Data supplied:
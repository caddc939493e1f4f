-- ===== src/Coder/Decode.antt =====
-- SolidityType.decode, decodeParams and getOffsets of src/console/jsre/deps/web3.js.
use ultron.Prelude.{ℕ, zero, suc, ◌+◌, ◌-◌, ◌*◌, Option, none, some, List, [], ◌∷◌, if◌then◌else◌}
use mathlib.Core.Option
use ultron.Text.{Text, substr}
use ultron.Value.{Value, Values, arr, nil, cons, undefined}
use ultron.Messages.{◌>>=◌}
use ultron.Abi.{
  Kind, nested_name, is_dynamic_array, is_static_array, static_array_length, static_part_length,
  is_dynamic_type, require_type,
}
use ultron.Formatters.{static_param}
use ultron.Coder.{
  Libraries, read_number, start_at, add_to, words_of, rounded, depth_of, output_formatter,
}

-- bytes.substr(offset * 2, count)
abbrev pub cut : Text → Option ℕ → ℕ → Text
cut bytes offset count = substr bytes (start_at offset * 2) count

-- parseInt('0x' + bytes.substr(offset * 2, 64))
unfoldable pub number_at : Text → Option ℕ → Option ℕ
unfolding read_number
number_at bytes offset = read_number (cut bytes offset 64)

-- The words of a dynamic type: its length and what follows; a length that is NaN cuts nothing.
abbrev pub counted_words : Text → Option ℕ → Option ℕ → Text
counted_words bytes offset none = []
counted_words bytes offset (some n) = cut bytes offset ((1 + words_of n) * 64)

-- A loop up to NaN makes no round.
abbrev pub rounds : Option ℕ → ℕ
rounds none = 0
rounds (some n) = n

-- The starts of the params: the sum of the lengths so far without the own one.
unfoldable pub get_offsets : ℕ → List Text → List ℕ
unfolding static_part_length
get_offsets sum [] = []
get_offsets sum (t ∷ ts) =
    let length = sum + static_part_length t in
    (length - static_part_length t) ∷ get_offsets length ts

module _ (lib : Libraries) where
  open lib.runtime.big_number use {Big}

  -- The items of an array that starts at `start`, `step` bytes apart.
  unfoldable pub decode_items :
      (Option ℕ → Option (Value Big)) → ℕ → Option ℕ → ℕ → Option (Values Big)
  decode_items item zero start step = some nil
  decode_items item (suc n) start step = do
    v ← item start
    vs ← decode_items item n (add_to start step) step
    some (cons v vs)

  unfoldable pub decode_dynamic_type : Kind → Text → Option ℕ → Text → Option (Value Big)
  unfolding number_at output_formatter
  decode_dynamic_type k bytes offset name =
      let dynamic_offset = number_at bytes offset in
      let length = number_at bytes dynamic_offset in
      output_formatter lib k
        (record { value = counted_words bytes dynamic_offset length; offset = some 0 }) name

  unfoldable pub decode_plain : Kind → Text → Option ℕ → Text → Option (Value Big)
  unfolding decode_dynamic_type static_part_length output_formatter is_dynamic_type
  decode_plain k bytes offset name =
      if is_dynamic_type k
      then decode_dynamic_type k bytes offset name
      else output_formatter lib k (static_param (cut bytes offset (static_part_length name * 2)))
          name

  -- decode, on fuel: one unit for each pair of brackets and one for the name.
  unfoldable pub decode : ℕ → Kind → Text → Option ℕ → Text → Option (Value Big)
  unfolding number_at decode_items decode_plain nested_name is_dynamic_array is_static_array
      static_array_length static_part_length
  decode zero k bytes offset name = none
  decode (suc fuel) k bytes offset name =
      let item = λ (start : Option ℕ). decode fuel k bytes start (nested_name name) in
      let step = rounded (static_part_length (nested_name name)) in
      let array_offset = number_at bytes offset in
      if is_dynamic_array name
      then Option.map arr
          (decode_items item (rounds (number_at bytes array_offset)) (add_to array_offset 32) step)
      else if is_static_array name
      then Option.map arr (decode_items item (static_array_length name) offset step)
      else decode_plain k bytes offset name

  unfoldable pub get_types : List Text → Option (List Kind)
  unfolding require_type
  get_types [] = some []
  get_types (t ∷ ts) = do k ← require_type t; ks ← get_types ts; some (k ∷ ks)

  -- One value for each type, at its offset.
  unfoldable pub decode_each : Text → List Text → List Kind → List ℕ → Option (List (Value Big))
  unfolding decode
  decode_each bytes (t ∷ ts) (k ∷ ks) (o ∷ os) = do
    v ← decode (depth_of t) k bytes (some o) t
    vs ← decode_each bytes ts ks os
    some (v ∷ vs)
  decode_each bytes _ _ _ = some []

  unfoldable pub decode_params : List Text → Text → Option (List (Value Big))
  unfolding decode_each get_offsets get_types
  decode_params types bytes = do
    ks ← get_types types
    decode_each bytes types ks (get_offsets 0 types)

  abbrev first_value : List (Value Big) → Value Big
  first_value [] = undefined
  first_value (v ∷ vs) = v

  unfoldable pub decode_param : Text → Text → Option (Value Big)
  unfolding decode_params
  decode_param type bytes = Option.map first_value (decode_params (type ∷ []) bytes)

Exercise description: Please print, unchanged, the lines from the one holding "unfoldable pub decode_param : Text" through the last line of the listing above, including both and omitting the rest.

Task response:
  unfoldable pub decode_param : Text → Text → Option (Value Big)
  unfolding decode_params
  decode_param type bytes = Option.map first_value (decode_params (type ∷ []) bytes)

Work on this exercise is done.